Ich war Heim Tielemann auf Juist im Jahr 1967. Ich war 5 Jahre alt, meine ältere Schwester war 8. Wir verbrachten die Sommerferien im Heim. Meine Eltern dachten, Sie bescheren uns einen schönen Aufenthalt am Meer. Ich habe mich aber sehr geängstigt und die drastischen Erziehungsmassnahmen nicht verstanden. Obwohl ich schon schwimmen konnte (Freischwimmerabzeichen) durfte ich nur bis zu den Knöcheln ins Wasser. Zu meiner Schwester hatte ich nur selten Kontakt, wir waren die meiste Zeit getrennt. Ich hatte auch Angst vor den vielen Kindern, die nachts im Schlafsaal tobten. Wir waren Mädchen und Jungen gemischt in diesem großen Saal mit den Gitterbetten. Als ich vor Heimweh geweint habe, musste ich die restliche Nacht im Waschsaal verbringen. Ich saß dort auf einem Schemel und musste gegen Morgen die Zahnpasta für alle Kinder auf deren Zahnbürsten verteilen. Ich kam dort kaum heran, die Zahnbürsten waren oberhalb der Waschtröge auf einer Ablage abgestellt. Also wurde ich wieder bestraft. Ich wurde später von einer Wespe in den Fuß gestochen. Der schwoll stark an, so dass ich nicht mit den anderen Kindern Anden Strand gehen durfte. Mir wurde der Spielplatz neben dem Haupthaus zugewiesen. Den dufte ich nicht verlassen sondern sollte da bis abends alleine spielen.

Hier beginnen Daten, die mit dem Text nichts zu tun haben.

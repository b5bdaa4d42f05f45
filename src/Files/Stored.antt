-- ===== src/Files/Stored.antt =====
-- What `save` stores is what `ReadFile` gives back (backend/service/manager.go).
use cert_vault.Prelude.{
  String, ◌≡◌, ◌≢◌, refl, sym, ap, ◌∙◌, true, false, Option, none, some, List, [], ◌∷◌, Bool-cases,
  inl, inr, ◌==◌, eq_iff, contains, All, In, text_ne,
}
use cert_vault.Prelude.Outcome.{ok}
use cert_vault.Prelude.Dict.{Dict, lookup, insert, IsDistinct, lookup-insert}
use cert_vault.Database.{Time}
use cert_vault.Certificates.{Version}
use cert_vault.Artifacts.{Bytes, Resource, Artifacts}
use cert_vault.Vault.{Gcm, encrypt}
use cert_vault.Vault.Sealed.{Unseals, decrypt-encrypt}
use cert_vault.Files.{
  Disk, sound, change, call, continue, ◌>>=◌, ◌>>◌, lift, closing, first_error, removing, written,
  replace, atomic_write, write_files, read_path, X509, Library, Storage, private_key_of, normalized,
  version_dir, path_in, new_files, version_of, save, disk_name, or_legacy, reading, deciphered,
  file_names, read_allowed, read_file,
}

-- the names under which `save` stores
abbrev pub disk_names : List String
disk_names =
    "certificate.crt" ∷ "chain.crt" ∷ "fullchain.crt" ∷ "private.key.enc" ∷ "metadata.json" ∷ []

-- what is documented of `filepath.Join` for these names, and of the ranging over a map
pub record IsLawful (lib : Library) : Type 0 where
  pub join_injective :
      (dir a b : String)
      → In a disk_names
      → In b disk_names
      → lib.join dir a ≡ lib.join dir b
      → a ≡ b
  pub arrange-lookup :
      (dict : Dict Bytes) (key : String) → lookup key (lib.arrange dict) ≡ lookup key dict
  pub arrange-IsDistinct : (dict : Dict Bytes) → IsDistinct dict → IsDistinct (lib.arrange dict)
  pub arrange-All :
      (names : List String) (dict : Dict Bytes)
      → All (λ e. In e.0 names) dict
      → All (λ e. In e.0 names) (lib.arrange dict)

atomic_write_lem :
    (path : String) (b : Bytes) (files : Dict Bytes)
    → atomic_write path b (sound files) ≡ (ok tt, sound (insert path b files))
unfolding atomic_write replace removing closing written first_error change call ◌>>◌ ◌>>=◌ continue
atomic_write_lem path b files = refl

-- the files after the loop
stored : (String → String) → Dict Bytes → Dict Bytes → Dict Bytes
stored path [] files = files
stored path ((name, b) ∷ more) files = stored path more (insert (path name) b files)

write_files_lem :
    (path : String → String) (new files : Dict Bytes)
    → write_files path new (sound files) ≡ (ok tt, sound (stored path new files))
unfolding write_files stored lift ◌>>◌ ◌>>=◌ continue
write_files_lem path [] files = refl
write_files_lem path ((name, b) ∷ more) files =
    write_files_lem path more (insert (path name) b files)

abbrev or_old : Option Bytes → Option Bytes → Option Bytes
or_old none old = old
or_old (some b) old = some b

lookup-stored :
    (path : String → String) (names : List String) (key : String) (new files : Dict Bytes)
    → ((a : String) → In a names → path a ≡ path key → a ≡ key)
    → All (λ e. In e.0 names) new
    → IsDistinct new
    → lookup (path key) (stored path new files) ≡ or_old (lookup key new) (lookup (path key) files)
unfolding stored lookup
lookup-stored path names key [] files inj named distinct = refl
lookup-stored path names key ((name, b) ∷ more) files inj (is_name, named) (fresh, distinct) =
    let ih = lookup-stored path names key more (insert (path name) b files) inj named distinct in
    let put = lookup-insert (path name) (path key) b files in
    elim (Bool-cases (name == key)) [
      | inl e ↦
          let same : name ≡ key = (eq_iff name key).0 e in
          let gone : lookup key more ≡ none = rw (← same) fresh in
          let here : (path name == path key) ≡ true =
            (eq_iff (path name) (path key)).1 (ap path same) in
          rw (ih, put, gone, here, e) refl
      | inr e ↦
          let apart : (path name == path key) ≡ false = text_ne (path name) (path key) (λ q.
            let again : (name == key) ≡ true = (eq_iff name key).1 (inj name is_name q) in
            absurd (cc)) in
          rw (ih, put, apart, e) refl
    ]

module _ (lib : Library) (storage : Storage) (laws : IsLawful lib) where
  -- the artifacts of a resource
  abbrev pub ArtifactsOf : Type 0
  ArtifactsOf = Artifacts X509 (λ c. c.raw) lib.parse_certificate lib.decode lib.encode

  -- the files that `save` leaves
  saved : String → Time → ArtifactsOf → Bytes → Dict Bytes → Dict Bytes
  saved name now a key files =
      insert (path_in lib storage (version_dir lib storage name now) "metadata.json")
        (lib.json (version_of lib storage name now a.certificate))
        (stored (path_in lib storage (version_dir lib storage name now))
          (lib.arrange (new_files a.leaf a.chain a.full_chain key)) files)

  save_lem :
      (name : String) (r : Option Resource) (now : Time) (files : Dict Bytes) (a : ArtifactsOf)
      (key : Bytes)
      → normalized lib storage r ≡ ok a
      → encrypt lib.new_gcm lib.read_random storage.master_key (private_key_of r) ≡ ok key
      → save lib storage name r now (sound files)
        ≡ (ok (version_of lib storage name now a.certificate), sound (saved name now a key files))
  unfolding save saved lift ◌>>=◌ ◌>>◌ continue change call
  save_lem name r now files a key made encrypted =
      rw
        (
          made,
          encrypted,
          write_files_lem (path_in lib storage (version_dir lib storage name now))
              (lib.arrange (new_files a.leaf a.chain a.full_chain key)) files,
        )
        refl

  -- a stored file
  lookup-saved :
      (name : String) (now : Time) (files : Dict Bytes) (a : ArtifactsOf) (key : Bytes)
      (file : String) (b : Bytes)
      → In file disk_names
      → file ≢ "metadata.json"
      → lookup file (new_files a.leaf a.chain a.full_chain key) ≡ some b
      → lookup
          (path_in lib storage (version_dir lib storage name now) file)
          (saved name now a key files)
        ≡ some b
  unfolding saved new_files path_in lookup
  lookup-saved name now files a key file b is_name other there =
      let path = path_in lib storage (version_dir lib storage name now) in
      let dir = lib.join storage.data_dir (version_dir lib storage name now) in
      let new = new_files a.leaf a.chain a.full_chain key in
      let old = stored path (lib.arrange new) files in
      let named : All (λ e. In e.0 disk_names) new =
        (inl refl, (inr (inl refl), (inr (inr (inl refl)), (inr (inr (inr (inl refl))), tt)))) in
      let distinct : IsDistinct new = (refl, (refl, (refl, (refl, tt)))) in
      let put =
        lookup-insert (path "metadata.json") (path file)
          (lib.json (version_of lib storage name now a.certificate)) old in
      let apart : (path "metadata.json" == path file) ≡ false =
        text_ne (path "metadata.json") (path file) (λ q. other (
          sym (
            laws.join_injective dir "metadata.json" file (inr (inr (inr (inr (inl refl))))) is_name
              q))) in
      let loop =
        lookup-stored path disk_names file (lib.arrange new) files
          (λ j i. laws.join_injective dir j file i is_name) (laws.arrange-All disk_names new named)
          (laws.arrange-IsDistinct new distinct) in
      put ∙ (rw (apart, loop, laws.arrange-lookup new file, there) refl)

  -- reading a file that is there
  read_file_lem :
      (v : Version) (name : String) (files : Dict Bytes) (b : Bytes)
      → contains file_names name ≡ true
      → lookup (path_in lib storage v.path (disk_name name)) files ≡ some b
      → (read_file lib storage v name (sound files)).0 ≡ deciphered lib storage name b
  unfolding read_file read_allowed read_path or_legacy reading lift ◌>>=◌ continue
  read_file_lem v name files b allowed there = rw (allowed, there) refl

  -- reading a file that `save` has stored
  read_saved :
      (name : String) (now : Time) (files : Dict Bytes) (a : ArtifactsOf) (key : Bytes)
      (file : String) (b : Bytes)
      → contains file_names file ≡ true
      → In (disk_name file) disk_names
      → disk_name file ≢ "metadata.json"
      → lookup (disk_name file) (new_files a.leaf a.chain a.full_chain key) ≡ some b
      → (read_file lib storage
          (version_of lib storage name now a.certificate)
          file
          (sound (saved name now a key files))).0
        ≡ deciphered lib storage file b
  unfolding version_of version_dir
  read_saved name now files a key file b allowed is_name other there =
      read_file_lem (version_of lib storage name now a.certificate) file
        (saved name now a key files) b allowed
        (lookup-saved name now files a key (disk_name file) b is_name other there)

  -- the four files, as `ReadFile` gives them
  abbrev pub Reads : Version → Disk → ArtifactsOf → Bytes → Type 0
  Reads v d a key =
      ((read_file lib storage v "certificate.crt" d).0 ≡ ok a.leaf)
      × ((read_file lib storage v "chain.crt" d).0 ≡ ok a.chain)
      × ((read_file lib storage v "fullchain.crt" d).0 ≡ ok a.full_chain)
      × ((read_file lib storage v "private.key" d).0 ≡ ok key)

  -- If no system call fails, the cipher takes the master key and unseals what it seals, a nonce can be
  -- drawn, and filepath.Join and the ranging over a map are as documented, then a resource that has
  -- artifacts is saved, and after that `ReadFile` gives the leaf, the chain, both, and the private
  -- key as it was.
  pub read_file-save :
      (name : String) (r : Resource) (now : Time) (files : Dict Bytes) (a : ArtifactsOf) (gcm : Gcm)
      (nonce : Bytes)
      → normalized lib storage (some r) ≡ ok a
      → lib.new_gcm storage.master_key ≡ ok gcm
      → lib.read_random gcm.nonce_size ≡ ok nonce
      → Unseals gcm nonce
      → (v : Version) × (after : Dict Bytes) × (save lib storage name (some r) now (sound files)
          ≡ (ok v, sound after))
        × Reads v (sound after) a r.private_key
  unfolding deciphered lookup new_files contains file_names
  read_file-save name r now files a gcm nonce made valid drawn unseals =
      let (sealed, encrypted, decrypted) =
        decrypt-encrypt lib.new_gcm lib.read_random storage.master_key r.private_key nonce gcm valid
          drawn unseals in
      let v = version_of lib storage name now a.certificate in
      let after = saved name now a sealed files in
      let reads = read_saved name now files a sealed in
      (
        v,
        after,
        save_lem name (some r) now files a sealed made encrypted,
        (
          reads "certificate.crt" a.leaf refl (inl refl)
              (λ e. cc ((eq_iff "certificate.crt" "metadata.json").1 e)) refl,
          reads "chain.crt" a.chain refl (inr (inl refl))
              (λ e. cc ((eq_iff "chain.crt" "metadata.json").1 e)) refl,
          reads "fullchain.crt" a.full_chain refl (inr (inr (inl refl)))
              (λ e. cc ((eq_iff "fullchain.crt" "metadata.json").1 e)) refl,
          reads "private.key" sealed refl (inr (inr (inr (inl refl))))
                (λ e. cc ((eq_iff "private.key.enc" "metadata.json").1 e)) refl
              ∙ decrypted,
        ),
      )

Am schlimmsten finde ich es noch heute, dass ich aus Angst vor den strengen Kinderschwestern mit ihren gestärkten Hauben, am Esstisch mein Erbrochenes erneut aufessen wollte, um weiterer Strafe zu entgehen.
Meine Schwester, die schon schreiben konnte, schrieb einen Brief an meine Mutter, „im Kinderheim ist es nicht schön“. Wir wussten, dass das nicht erlaubt war, deshalb benutzte sie eine „Geheimsprache“, die wir zu Hause mit meiner Mutter sprachen. Leider war sie leicht zu entziffern und wir mussten zur Heimleitung, die unseren Brief abgefangen hatte.
Aus heutiger Sicht erscheint mir all das unvorstellbar. Ich bin entsetzt, dass das keine Ausnahmen waren, sondern dass offensichtlich die damaligen Erziehungsvorstellungen diesen Umgang mit kleinen Kindern gedeckt haben.